DATASET EXCERPTS START
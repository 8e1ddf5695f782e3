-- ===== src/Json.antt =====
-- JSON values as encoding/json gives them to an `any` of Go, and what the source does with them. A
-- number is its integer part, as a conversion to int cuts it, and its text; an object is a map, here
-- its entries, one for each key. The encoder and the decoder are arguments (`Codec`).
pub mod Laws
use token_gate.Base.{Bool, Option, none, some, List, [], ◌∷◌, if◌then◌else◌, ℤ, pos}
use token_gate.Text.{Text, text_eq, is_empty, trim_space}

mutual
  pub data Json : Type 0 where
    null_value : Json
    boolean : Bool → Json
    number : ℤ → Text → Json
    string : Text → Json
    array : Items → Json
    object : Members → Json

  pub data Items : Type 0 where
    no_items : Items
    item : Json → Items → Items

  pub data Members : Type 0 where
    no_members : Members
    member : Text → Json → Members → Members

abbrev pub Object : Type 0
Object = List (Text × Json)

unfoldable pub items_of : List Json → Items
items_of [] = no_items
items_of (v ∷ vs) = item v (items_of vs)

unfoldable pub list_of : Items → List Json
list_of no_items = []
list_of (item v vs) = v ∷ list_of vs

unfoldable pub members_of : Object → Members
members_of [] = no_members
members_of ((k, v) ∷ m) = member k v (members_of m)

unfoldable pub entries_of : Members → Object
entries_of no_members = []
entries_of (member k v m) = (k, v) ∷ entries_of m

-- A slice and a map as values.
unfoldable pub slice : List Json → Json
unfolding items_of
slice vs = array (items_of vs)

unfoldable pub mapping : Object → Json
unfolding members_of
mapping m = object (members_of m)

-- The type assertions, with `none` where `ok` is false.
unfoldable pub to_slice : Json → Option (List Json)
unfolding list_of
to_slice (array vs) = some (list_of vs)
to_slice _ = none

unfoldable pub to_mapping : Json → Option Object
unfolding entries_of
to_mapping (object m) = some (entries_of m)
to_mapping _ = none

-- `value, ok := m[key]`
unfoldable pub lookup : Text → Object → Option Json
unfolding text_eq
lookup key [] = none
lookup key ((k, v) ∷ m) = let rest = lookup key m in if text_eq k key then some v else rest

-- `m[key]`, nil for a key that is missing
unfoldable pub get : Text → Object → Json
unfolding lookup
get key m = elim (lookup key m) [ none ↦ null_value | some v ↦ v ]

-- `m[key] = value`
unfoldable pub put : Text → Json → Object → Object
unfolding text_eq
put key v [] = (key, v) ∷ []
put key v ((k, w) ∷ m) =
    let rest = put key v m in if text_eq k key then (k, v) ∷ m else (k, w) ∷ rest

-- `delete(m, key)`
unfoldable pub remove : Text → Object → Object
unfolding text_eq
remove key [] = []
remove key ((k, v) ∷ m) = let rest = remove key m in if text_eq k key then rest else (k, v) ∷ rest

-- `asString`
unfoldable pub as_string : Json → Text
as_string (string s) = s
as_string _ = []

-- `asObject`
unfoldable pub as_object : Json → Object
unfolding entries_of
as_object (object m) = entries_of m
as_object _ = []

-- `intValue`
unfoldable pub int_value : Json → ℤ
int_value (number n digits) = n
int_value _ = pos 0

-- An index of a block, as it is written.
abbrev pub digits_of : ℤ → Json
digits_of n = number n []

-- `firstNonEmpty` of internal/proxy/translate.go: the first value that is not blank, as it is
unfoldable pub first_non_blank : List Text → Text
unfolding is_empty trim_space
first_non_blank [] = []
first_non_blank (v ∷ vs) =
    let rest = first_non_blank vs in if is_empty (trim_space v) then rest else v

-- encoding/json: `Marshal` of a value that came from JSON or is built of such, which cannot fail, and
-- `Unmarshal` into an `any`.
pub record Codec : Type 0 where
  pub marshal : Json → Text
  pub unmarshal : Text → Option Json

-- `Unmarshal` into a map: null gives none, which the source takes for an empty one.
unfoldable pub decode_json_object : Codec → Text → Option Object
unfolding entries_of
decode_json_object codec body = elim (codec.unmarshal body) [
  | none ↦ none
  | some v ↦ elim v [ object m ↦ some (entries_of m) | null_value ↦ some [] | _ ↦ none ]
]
DATASET EXCERPTS END
DATASET EXCERPTS START
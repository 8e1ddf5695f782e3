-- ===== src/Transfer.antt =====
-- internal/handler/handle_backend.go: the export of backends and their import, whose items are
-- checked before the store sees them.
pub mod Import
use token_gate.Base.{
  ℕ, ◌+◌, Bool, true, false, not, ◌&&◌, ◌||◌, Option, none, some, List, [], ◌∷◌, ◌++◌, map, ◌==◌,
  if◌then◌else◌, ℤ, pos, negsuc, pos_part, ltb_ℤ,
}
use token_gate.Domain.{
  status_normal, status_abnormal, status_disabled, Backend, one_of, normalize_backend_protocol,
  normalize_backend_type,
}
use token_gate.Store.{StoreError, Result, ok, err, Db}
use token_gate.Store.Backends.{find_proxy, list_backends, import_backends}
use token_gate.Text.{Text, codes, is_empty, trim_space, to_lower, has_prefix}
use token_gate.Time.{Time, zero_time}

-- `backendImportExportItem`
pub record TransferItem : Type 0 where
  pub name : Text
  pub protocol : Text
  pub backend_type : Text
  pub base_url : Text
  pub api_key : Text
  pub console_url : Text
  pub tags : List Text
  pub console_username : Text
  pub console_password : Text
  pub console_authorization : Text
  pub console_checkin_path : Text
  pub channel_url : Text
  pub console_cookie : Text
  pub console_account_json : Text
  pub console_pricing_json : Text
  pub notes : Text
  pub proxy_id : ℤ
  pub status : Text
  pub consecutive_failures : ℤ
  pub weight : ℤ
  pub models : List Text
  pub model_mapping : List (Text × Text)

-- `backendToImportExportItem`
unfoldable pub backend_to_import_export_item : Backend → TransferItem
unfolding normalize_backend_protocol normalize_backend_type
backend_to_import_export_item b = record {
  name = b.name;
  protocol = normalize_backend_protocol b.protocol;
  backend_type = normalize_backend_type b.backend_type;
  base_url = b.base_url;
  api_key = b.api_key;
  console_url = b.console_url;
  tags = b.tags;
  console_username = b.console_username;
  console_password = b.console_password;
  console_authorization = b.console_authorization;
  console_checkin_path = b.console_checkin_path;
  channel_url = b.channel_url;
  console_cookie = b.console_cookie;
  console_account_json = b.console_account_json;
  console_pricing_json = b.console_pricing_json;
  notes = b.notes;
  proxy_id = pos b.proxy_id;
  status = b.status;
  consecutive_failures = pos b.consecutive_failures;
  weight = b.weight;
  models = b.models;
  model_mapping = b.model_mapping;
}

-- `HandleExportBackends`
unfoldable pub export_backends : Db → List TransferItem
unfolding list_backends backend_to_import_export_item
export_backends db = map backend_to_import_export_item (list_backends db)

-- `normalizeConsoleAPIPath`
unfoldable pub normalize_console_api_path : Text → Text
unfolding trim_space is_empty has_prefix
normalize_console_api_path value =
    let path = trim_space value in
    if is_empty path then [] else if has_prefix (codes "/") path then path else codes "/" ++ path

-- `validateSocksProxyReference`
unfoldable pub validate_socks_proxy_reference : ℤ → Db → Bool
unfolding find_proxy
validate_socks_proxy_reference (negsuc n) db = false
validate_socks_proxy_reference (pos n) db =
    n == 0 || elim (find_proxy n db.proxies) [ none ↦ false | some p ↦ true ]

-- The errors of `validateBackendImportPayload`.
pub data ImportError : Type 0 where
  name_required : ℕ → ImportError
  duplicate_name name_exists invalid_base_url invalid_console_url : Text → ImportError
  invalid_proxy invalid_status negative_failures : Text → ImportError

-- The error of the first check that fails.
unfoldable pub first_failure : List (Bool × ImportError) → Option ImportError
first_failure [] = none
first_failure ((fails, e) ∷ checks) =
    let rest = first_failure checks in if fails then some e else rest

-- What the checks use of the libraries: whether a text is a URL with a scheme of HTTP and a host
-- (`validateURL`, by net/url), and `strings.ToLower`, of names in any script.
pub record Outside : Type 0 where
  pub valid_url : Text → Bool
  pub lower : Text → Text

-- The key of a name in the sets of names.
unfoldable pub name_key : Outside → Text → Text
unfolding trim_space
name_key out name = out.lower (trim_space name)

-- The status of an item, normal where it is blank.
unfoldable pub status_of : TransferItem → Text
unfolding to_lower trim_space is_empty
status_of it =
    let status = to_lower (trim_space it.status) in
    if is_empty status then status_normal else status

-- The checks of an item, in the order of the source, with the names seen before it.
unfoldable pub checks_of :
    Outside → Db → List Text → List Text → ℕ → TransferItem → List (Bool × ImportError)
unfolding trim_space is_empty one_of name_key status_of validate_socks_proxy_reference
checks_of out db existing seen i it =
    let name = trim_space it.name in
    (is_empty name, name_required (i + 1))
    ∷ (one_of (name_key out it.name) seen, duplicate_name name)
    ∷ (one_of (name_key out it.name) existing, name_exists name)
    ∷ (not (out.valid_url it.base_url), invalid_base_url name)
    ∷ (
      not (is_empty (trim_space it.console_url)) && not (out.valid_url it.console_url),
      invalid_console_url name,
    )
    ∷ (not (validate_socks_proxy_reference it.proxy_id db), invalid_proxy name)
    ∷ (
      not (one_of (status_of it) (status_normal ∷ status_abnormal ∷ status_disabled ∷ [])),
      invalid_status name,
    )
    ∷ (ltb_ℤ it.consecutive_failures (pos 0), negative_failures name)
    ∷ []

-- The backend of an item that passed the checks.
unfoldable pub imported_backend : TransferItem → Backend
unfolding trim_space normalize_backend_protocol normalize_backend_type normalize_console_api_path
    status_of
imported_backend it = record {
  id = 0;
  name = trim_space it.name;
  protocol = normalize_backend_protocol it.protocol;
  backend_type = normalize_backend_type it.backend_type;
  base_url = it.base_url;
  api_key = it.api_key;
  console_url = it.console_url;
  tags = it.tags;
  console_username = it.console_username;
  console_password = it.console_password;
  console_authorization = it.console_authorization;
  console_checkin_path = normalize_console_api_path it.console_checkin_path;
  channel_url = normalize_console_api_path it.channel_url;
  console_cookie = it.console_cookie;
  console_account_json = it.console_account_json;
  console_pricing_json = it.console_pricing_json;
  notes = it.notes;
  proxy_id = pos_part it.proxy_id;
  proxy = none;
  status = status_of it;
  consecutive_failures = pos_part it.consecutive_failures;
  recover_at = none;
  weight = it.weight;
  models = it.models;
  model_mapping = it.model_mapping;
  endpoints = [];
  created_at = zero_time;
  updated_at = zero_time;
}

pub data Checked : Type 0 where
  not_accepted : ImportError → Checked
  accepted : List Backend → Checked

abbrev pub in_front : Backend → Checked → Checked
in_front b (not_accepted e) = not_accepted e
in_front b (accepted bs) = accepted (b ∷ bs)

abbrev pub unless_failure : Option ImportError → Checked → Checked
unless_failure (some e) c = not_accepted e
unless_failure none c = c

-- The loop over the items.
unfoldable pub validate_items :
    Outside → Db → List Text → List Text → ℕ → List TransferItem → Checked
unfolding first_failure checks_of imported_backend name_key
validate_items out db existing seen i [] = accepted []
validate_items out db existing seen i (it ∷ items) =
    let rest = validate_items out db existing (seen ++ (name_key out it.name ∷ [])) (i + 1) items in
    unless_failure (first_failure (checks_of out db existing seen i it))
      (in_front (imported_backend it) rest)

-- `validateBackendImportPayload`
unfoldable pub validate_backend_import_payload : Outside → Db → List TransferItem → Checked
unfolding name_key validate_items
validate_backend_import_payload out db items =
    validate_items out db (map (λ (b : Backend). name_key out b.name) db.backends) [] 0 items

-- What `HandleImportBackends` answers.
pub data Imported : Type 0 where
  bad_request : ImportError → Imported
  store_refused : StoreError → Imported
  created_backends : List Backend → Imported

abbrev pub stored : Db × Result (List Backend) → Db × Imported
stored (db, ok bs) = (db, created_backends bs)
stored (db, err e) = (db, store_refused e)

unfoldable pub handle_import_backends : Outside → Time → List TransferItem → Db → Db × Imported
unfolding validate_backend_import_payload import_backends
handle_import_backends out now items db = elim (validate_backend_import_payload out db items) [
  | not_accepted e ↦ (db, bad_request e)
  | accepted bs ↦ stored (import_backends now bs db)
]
DATASET EXCERPTS END
* EXERCISE OBJECTIVE: Copy out each line carrying the string "fails" from the data.

* ANSWER FOR THE TASK:
-- The error of the first check that fails.
first_failure ((fails, e) ∷ checks) =
    let rest = first_failure checks in if fails then some e else rest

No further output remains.